To respond to the above requirements, an upgrade of the saturation flow survey method has been proposed by David’s research team. This method should enable the measurements of traffic flow characteristics in heterogeneous traffic conditions, taking into consideration ‘’narrow vehicles’’ (bicycles and e-scooters). 

Bi-Cycle Unit (BCU) versus Passenger-Car Unit (PCU)

The authors wanted to remain consistent with existing calculation methods, to enable the transfer of information between various modelling scales and characterise traffic conditions for cyclists and e-scooters. Bi-Cycle Unit (BCU) was introduced as a new vehicle unit. It is equivalent to the PCU metric, with the addition of a speed parameter. The idea behind this was to consider the impact of speed differences. 

Vehicle Type PCU Value(length-based)
Motor Cycle 0.4
Passenger Car 1.0
Light Goods Vehicles (LGV) 1.0
Medium Goods Vehicles (MGV) 1.5
Buses and Coaches 2.0
Heavy Goods Vehicles 2.3


Vehicle Type 

BCU Value* (footprint based)

Pedal Cycle 0.2
Kick Scooters and E-Scooters 0.1
*includes a speed adjustment parameter

As you well know, traffic saturation flow is the maximum flow rate that can go through a road segment if only geometric limitations are taken into account. This value is a critical parameter in the calculation of road capacity. In the late 2000s, bicycle traffic became more and more prevalent on London (UK) roads and, in order to consider these new traffic conditions, in 2009 authors decided to measure the impact of two-wheelers as if they were an environmental constraint to car capacity. However, they soon realized one major drawback of this method. The fact that it introduces a variable element to the saturation flow calculation in order to account for two-wheelers on the road.

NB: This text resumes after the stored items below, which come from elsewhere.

-- ===== src/Conditions/Happy.antt =====
-- The happy condition sums up the dependents (apis/conditionset.go): it is true exactly when every
-- dependent is, in every state that the manager's methods reach.
use reconciler_runtime.Base.{
  ◌≡◌, refl, ◌≢◌, inl, inr, String, false, Option, List, ◌∷◌, arith, ◌==◌, eq_iff, Bool-cases,
}
use reconciler_runtime.Conditions.{Time, Condition, Status, contains, condition_true}
use reconciler_runtime.Conditions.Manager.{
  ConditionsImpl, new_condition, set_condition, all_true, mark_true,
}
use reconciler_runtime.Conditions.Views.{IsManaged, set_condition-IsManaged}
use reconciler_runtime.Conditions.Marking.{
  is_true, is_true-set, all_true-set_true, all_true-set_other,
}

-- The types found true are as they were for a set that holds at least one dependent.
module _ (rfc3339_copy : Time → Time) (happy happy_reason d : String) (ds : List String)
    (apart : contains (d ∷ ds) happy ≡ false) where
  abbrev pub put : ConditionsImpl → Condition → ConditionsImpl
  put = set_condition rfc3339_copy

  -- A manager of the set, over an accessor at a time.
  abbrev pub manager : Option Status → Time → ConditionsImpl
  manager o now = record {
    set = record { happy_type = happy; happy_reason = happy_reason; dependents = d ∷ ds };
    accessor = o;
    now = now;
  }

  -- The conditions are sorted, and the happy condition is true exactly when all dependents are.
  pub record SumsUp (r : ConditionsImpl) : Type 0 where
    pub managed : IsManaged r
    pub agrees : is_true r happy ≡ all_true r (d ∷ ds)

  -- Setting a condition that is neither happy nor a dependent.
  pub put_other-SumsUp :
      (r : ConditionsImpl) (new : Condition)
      → SumsUp r
      → new.type ≢ happy
      → contains (d ∷ ds) new.type ≡ false
      → SumsUp (put r new)
  put_other-SumsUp r new h ne out = record {
    managed = set_condition-IsManaged rfc3339_copy r new h.managed;
    agrees = rw (is_true-set rfc3339_copy r new happy h.managed) (
        rw (all_true-set_other rfc3339_copy r new (d ∷ ds) h.managed out)
          (ground (arith, eq_iff new.type happy, h.agrees)));
  }

  -- Setting the happy condition to something that is not true, where a dependent is not true.
  pub put_unhappy-SumsUp :
      (r : ConditionsImpl) (status reason message : String)
      → IsManaged r
      → (status == condition_true) ≡ false
      → all_true r (d ∷ ds) ≡ false
      → SumsUp (put r (new_condition happy status reason message))
  put_unhappy-SumsUp r status reason message h s e =
      let new = new_condition happy status reason message in
      record {
        managed = set_condition-IsManaged rfc3339_copy r new h;
        agrees = rw (is_true-set rfc3339_copy r new happy h) (
            rw (all_true-set_other rfc3339_copy r new (d ∷ ds) h apart)
              (ground (arith, eq_iff happy happy)));
      }

  pub mark_true-SumsUp :
      (o : Option Status) (now : Time) (t reason message : String)
      → t ≢ happy
      → SumsUp (manager o now)
      → SumsUp (mark_true rfc3339_copy (manager o now) t reason message)
  unfolding mark_true
  mark_true-SumsUp o now t reason message ne h =
      let r = manager o now in
      let new = new_condition t condition_true reason message in
      let r' = put r new in
      let managed = set_condition-IsManaged rfc3339_copy r new h.managed in
      let glad = new_condition happy condition_true happy_reason "" in
      elim (Bool-cases (all_true r' (d ∷ ds))) [
        | inl e ↦ rw e (record {
          managed = set_condition-IsManaged rfc3339_copy r' glad managed;
          agrees = rw (is_true-set rfc3339_copy r' glad happy managed) (
              rw (all_true-set_other rfc3339_copy r' glad (d ∷ ds) managed apart)
                (ground (arith, eq_iff happy happy)));
        })
        | inr e ↦ rw e (record {
          managed = managed;
          agrees = rw e (
              rw (is_true-set rfc3339_copy r new happy h.managed) (
                ground (
                  arith,
                  eq_iff t happy,
                  h.agrees,
                  all_true-set_true rfc3339_copy r new (d ∷ ds) h.managed refl,
                )));
        })
      ]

It was clear to the research team that such methodology needed to be reconsidered, mainly because of 3 major changes taking place: 

  1. New AI methods enable the automated processing of video surveys with a much higher degree of accuracy nowadays. Such methods can process considerably larger video samples with consistent data collection and vehicle type classification.
  2. e-scooters are on trial on UK streets and although they have been recently banned by TfL on the public transport network due to safety reasons, they are expected to be regulated and become street legal in the near future. This new mode of transport will create an increased demand for bicycle facilities and the updated future regulation is expected to require them to use the road and not ride on pavements. 
  3. Microsimulation tools are being used to provide background traffic for the simulation and possible certification of CAVs. It is therefore important to improve methods of analysing the interactions between two-wheelers with traditional traffic and the impact they have on flow. 

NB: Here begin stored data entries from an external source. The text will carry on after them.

-- ===== src/Conditions/Failing.antt =====
-- `MarkFalse`, `MarkUnknown`, `ClearCondition` and `InitializeConditions`
-- (apis/conditionset.go) keep the happy condition the sum of the dependents.
use reconciler_runtime.Base.{
  ◌≡◌, refl, sym, subst, ◌∙◌, ◌≢◌, ◌⊎◌, inl, inr, String, Bool, true, false, Option, none, List, [],
  ◌∷◌, arith, ◌==◌, Bool-cases, Option-cases,
}
use reconciler_runtime.Conditions.{
  Time, Condition, Status, ConditionSet, contains, condition_true, condition_false,
  condition_unknown,
}
use reconciler_runtime.Conditions.Manager.{
  ConditionsImpl, get_condition, new_condition, set_condition, all_true, check_dependents, Checked,
  failed, finished, false_types, initialize_terminal_condition, initialize_all,
  initialize_conditions, mark_false, mark_unknown, set_all_false,
}
use reconciler_runtime.Conditions.Views.{IsManaged, set_condition-set, set_condition-IsManaged}
use reconciler_runtime.Conditions.Marking.{
  is_true, is_false, all_true-set_other, all_true-set_lost, all_true-SameTruth, false-not_true,
  failed-all_true, finished-contains, initialize-SameTruth, initialize-IsManaged,
}
use reconciler_runtime.Conditions.Happy

Checked-cases : (c : Checked) → (c ≡ failed) ⊎ ((b : Bool) × (c ≡ finished b))
Checked-cases failed = inl refl
Checked-cases (finished b) = inr (b, refl)

-- All the types that `MarkFalse` adds are the happy one, and there is one just for a dependent.
abbrev Only : String → List String → Type 0
Only happy [] = Unit
Only happy (t ∷ ts) = (t ≡ happy) × Only happy ts

false_types-none :
    (s : ConditionSet) (t : String) (ds : List String)
    → contains ds t ≡ false
    → false_types s t ds ≡ []
unfolding false_types
false_types-none s t [] h = refl
false_types-none s t (d ∷ ds) h = ground (arith, false_types-none s t ds)

false_types-Only :
    (s : ConditionSet) (t : String) (ds : List String) → Only s.happy_type (false_types s t ds)
unfolding false_types
false_types-Only s t [] = tt
false_types-Only s t (d ∷ ds) = ground (arith, false_types-Only s t ds)

false_types-some :
    (s : ConditionSet) (t : String) (ds : List String)
    → contains ds t ≡ true
    → (ts : List String) × (false_types s t ds ≡ s.happy_type ∷ ts) × Only s.happy_type ts
unfolding false_types
false_types-some s t [] h = cc
false_types-some s t (d ∷ ds) h = elim (Bool-cases (d == t)) [
  | inl e ↦ rw (e, false_types) (false_types s t ds, refl, false_types-Only s t ds)
  | inr e ↦ rw (e, false_types) (false_types-some s t ds (rw e at h))
]

module _ (rfc3339_copy : Time → Time) (happy happy_reason d : String) (ds : List String)
    (apart : contains (d ∷ ds) happy ≡ false) where
  abbrev put : ConditionsImpl → Condition → ConditionsImpl
  put = set_condition rfc3339_copy

  abbrev manager : Option Status → Time → ConditionsImpl
  manager = Happy.manager rfc3339_copy happy happy_reason d ds apart

  abbrev SumsUp : ConditionsImpl → Type 0
  SumsUp = Happy.SumsUp rfc3339_copy happy happy_reason d ds apart

  -- Marking the happy condition false, as often as it is listed.
  set_happy_false-SumsUp :
      (r : ConditionsImpl) (reason message : String) (ts : List String)
      → Only happy ts
      → IsManaged r
      → all_true r (d ∷ ds) ≡ false
      → SumsUp r ⊎ (ts ≢ [])
      → SumsUp (set_all_false rfc3339_copy r reason message ts)
  unfolding set_all_false
  set_happy_false-SumsUp r reason message [] only h lost (inl s) = s
  set_happy_false-SumsUp r reason message [] only h lost (inr e) = absurd (e refl)
  set_happy_false-SumsUp r reason message (t ∷ ts) only h lost s =
      let new = new_condition t condition_false reason message in
      let out : contains (d ∷ ds) t ≡ false = rw only.0 apart in
      let sums : SumsUp (put r new) =
        subst (λ x. SumsUp (put r (new_condition x condition_false reason message))) (sym only.0)
          (Happy.put_unhappy-SumsUp rfc3339_copy happy happy_reason d ds apart r condition_false
            reason message h refl lost) in
      set_happy_false-SumsUp (put r new) reason message ts only.1 sums.managed
        (all_true-set_other rfc3339_copy r new (d ∷ ds) h out ∙ lost) (inl sums)

  pub mark_false-SumsUp :
      (o : Option Status) (now : Time) (t reason message : String)
      → t ≢ happy
      → SumsUp (manager o now)
      → SumsUp (mark_false rfc3339_copy (manager o now) t reason message)
  unfolding mark_false
  mark_false-SumsUp o now t reason message ne h =
      let r = manager o now in
      let new = new_condition t condition_false reason message in
      elim (Bool-cases (contains (d ∷ ds) t)) [
        | inr out ↦
            rw (false_types-none r.set t (d ∷ ds) out)
              (Happy.put_other-SumsUp rfc3339_copy happy happy_reason d ds apart r new h ne out)
        | inl dep ↦
            let (ts, e, only) = false_types-some r.set t (d ∷ ds) dep in
            rw e (
              set_happy_false-SumsUp (put r new) reason message (happy ∷ ts) (refl, only)
                (set_condition-IsManaged rfc3339_copy r new h.managed)
                (all_true-set_lost rfc3339_copy r new (d ∷ ds) h.managed refl dep) (inr (λ q. cc)))
      ]

  mark_happy_false :
      (r : ConditionsImpl) (reason message : String) (s : ConditionSet)
      → s ≡ (manager none 0).set
      → mark_false rfc3339_copy (record r { set = s }) happy reason message
        ≡ put (record r { set = s }) (new_condition happy condition_false reason message)
  unfolding mark_false set_all_false
  mark_happy_false r reason message s e =
      subst
        (λ x.
          mark_false rfc3339_copy (record r { set = x }) happy reason message
          ≡ put (record r { set = x }) (new_condition happy condition_false reason message))
        (sym e) (rw (false_types-none (manager none 0).set happy (d ∷ ds) apart))

  pub mark_unknown-SumsUp :
      (o : Option Status) (now : Time) (t reason message : String)
      → t ≢ happy
      → SumsUp (manager o now)
      → SumsUp (mark_unknown rfc3339_copy (manager o now) t reason message)
  unfolding mark_unknown
  mark_unknown-SumsUp o now t reason message ne h =
      let r = manager o now in
      let new = new_condition t condition_unknown reason message in
      let r' = put r new in
      let managed = set_condition-IsManaged rfc3339_copy r new h.managed in
      elim (Checked-cases (check_dependents r' t false (d ∷ ds))) [
        | inl e ↦
            let lost = failed-all_true r' t false (d ∷ ds) e in
            elim (Bool-cases (is_false r' happy)) [
              | inl already ↦
                  rw (e, already)
                    (record {
                      managed = managed;
                      agrees = rw lost (false-not_true (get_condition r' happy) already);
                    })
              | inr other ↦
                  rw (e, other)
                    (rw
                      (mark_happy_false r' reason message r'.set
                        (set_condition-set rfc3339_copy r new))
                      (Happy.put_unhappy-SumsUp rfc3339_copy happy happy_reason d ds apart r'
                        condition_false reason message managed refl lost))
            ]
        | inr (b, e) ↦
            let is_dependent = finished-contains r' t false b (d ∷ ds) e in
            elim (Bool-cases b) [
              | inl yes_b ↦
                  rw (e, yes_b)
                    (Happy.put_unhappy-SumsUp rfc3339_copy happy happy_reason d ds apart r'
                      condition_unknown reason message managed refl
                      (all_true-set_lost rfc3339_copy r new (d ∷ ds) h.managed refl
                        (sym is_dependent ∙ yes_b)))
              | inr no_b ↦
                  rw (e, no_b)
                    (Happy.put_other-SumsUp rfc3339_copy happy happy_reason d ds apart r new h ne
                      (sym is_dependent ∙ no_b))
            ]
      ]

  initialize-SumsUp :
      (r : ConditionsImpl) (t status : String)
      → SumsUp r
      → ((status == condition_true) ≡ false) ⊎ (is_true r t ≡ true)
      → SumsUp (initialize_terminal_condition rfc3339_copy r t "Initializing" status)
  initialize-SumsUp r t status h cause =
      let r' = initialize_terminal_condition rfc3339_copy r t "Initializing" status in
      let same = initialize-SameTruth rfc3339_copy r t "Initializing" status h.managed cause in
      record {
        managed = initialize-IsManaged rfc3339_copy r t "Initializing" status h.managed;
        agrees = same happy ∙ h.agrees ∙ sym (all_true-SameTruth r r' (d ∷ ds) same);
      }

  initialize_unknown-SumsUp :
      (r : ConditionsImpl) (ts : List String)
      → SumsUp r
      → SumsUp (initialize_all rfc3339_copy r condition_unknown ts)
  unfolding initialize_all
  initialize_unknown-SumsUp r [] h = h
  initialize_unknown-SumsUp r (t ∷ ts) h =
      initialize_unknown-SumsUp
        (initialize_terminal_condition rfc3339_copy r t "Initializing" condition_unknown) ts
        (initialize-SumsUp r t condition_unknown h (inl refl))

  initialize_true-SumsUp :
      (r : ConditionsImpl) (ts : List String)
      → SumsUp r
      → all_true r ts ≡ true
      → SumsUp (initialize_all rfc3339_copy r condition_true ts)
  unfolding initialize_all all_true
  initialize_true-SumsUp r [] h e = h
  initialize_true-SumsUp r (t ∷ ts) h e =
      let this : is_true r t ≡ true = ground arith in
      let r' = initialize_terminal_condition rfc3339_copy r t "Initializing" condition_true in
      let same =
        initialize-SameTruth rfc3339_copy r t "Initializing" condition_true h.managed (inr this) in
      let rest : all_true r ts ≡ true = ground arith in
      initialize_true-SumsUp r' ts (initialize-SumsUp r t condition_true h (inr this))
        (all_true-SameTruth r r' ts same ∙ rest)

  pub initialize_conditions-SumsUp :
      (o : Option Status) (now : Time)
      → SumsUp (manager o now)
      → SumsUp (initialize_conditions rfc3339_copy (manager o now))
  unfolding initialize_conditions
  initialize_conditions-SumsUp o now h =
      let r = manager o now in
      elim (Option-cases (get_condition r happy)) [
        | inl e ↦
            rw (e, initialize_conditions)
              (initialize_unknown-SumsUp _ (d ∷ ds) (
                Happy.put_unhappy-SumsUp rfc3339_copy happy happy_reason d ds apart r
                  condition_unknown "Initializing" "" h.managed refl (sym h.agrees ∙ rw e)))
        | inr (c, e) ↦ elim (Bool-cases (c.status == condition_true)) [
          | inl glad ↦
              rw (e, glad, initialize_conditions)
                (initialize_true-SumsUp r (d ∷ ds) h (sym h.agrees ∙ rw e glad))
          | inr sad ↦ rw (e, sad, initialize_conditions) (initialize_unknown-SumsUp r (d ∷ ds) h)
        ]
      ]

New method of calculation and lessons learned

The authors thus realized that a new calculation method would be required to prepare the upgrade of the road network in cities across the UK. Here are some of the key lessons their learned from the past 10 years: 

  • Low power two-wheelers such as kick-scooters, bicycles, and e-scooters tend to do short-distance trips and the zoning system of strategic models is too rough to represent these trips accurately. A metric is needed that would ensure consistency between strategic models and local junction models.

  • The concept design process outcome is heavily impacted by the order in which road user types are considered. A typical design process starts with assessing the capacity requirement for general traffic, then focuses on equipment for buses, and finally details equipment for cyclists and pedestrians. Because design decisions are being made as projects progress, cyclists and pedestrians’ equipment had to fit around the car and buses requirements. The UK Traffic Signs Manual has now formally acknowledged this and reversed the order in which user classes should be considered in urban areas. 

  • Traffic modelling tools must therefore be adapted to enable the analysis of traffic conditions in the required order; and Saturation flow, as a measure of traffic throughput, is independent of variations of traffic composition over time. This critical characteristic is no longer true in the method currently in use for accounting for two-wheelers, and it is particularly problematic when considering future traffic scenarios.


The current saturation flow measurement methodology in use in the UK originates from the work done by the Road Research Laboratory. As stated in their paper and based on practical experience, the measurement can have relatively low levels of accuracy. However, as this type of measurement is critical only for saturated networks with non-standard geometries, accuracy is absolutely crucial. Not only in the UK, but also in any typical European city centre, there are a lot of external environmental factors that can affect the capacity of the road (road surfacing, visibility, curbside activity, lane selection behaviour…). On-site measurement is the only way of capturing them all. 

Two-wheelers in large volumes on the network will impact traffic conditions, and the measurement of saturation flow is a good solution. However, to compensate for the large range of possible situations, the number of observations must be significantly increased. And this in turn makes saturation flow calculation impractical by manual operators. The measurement must be therefore automated. 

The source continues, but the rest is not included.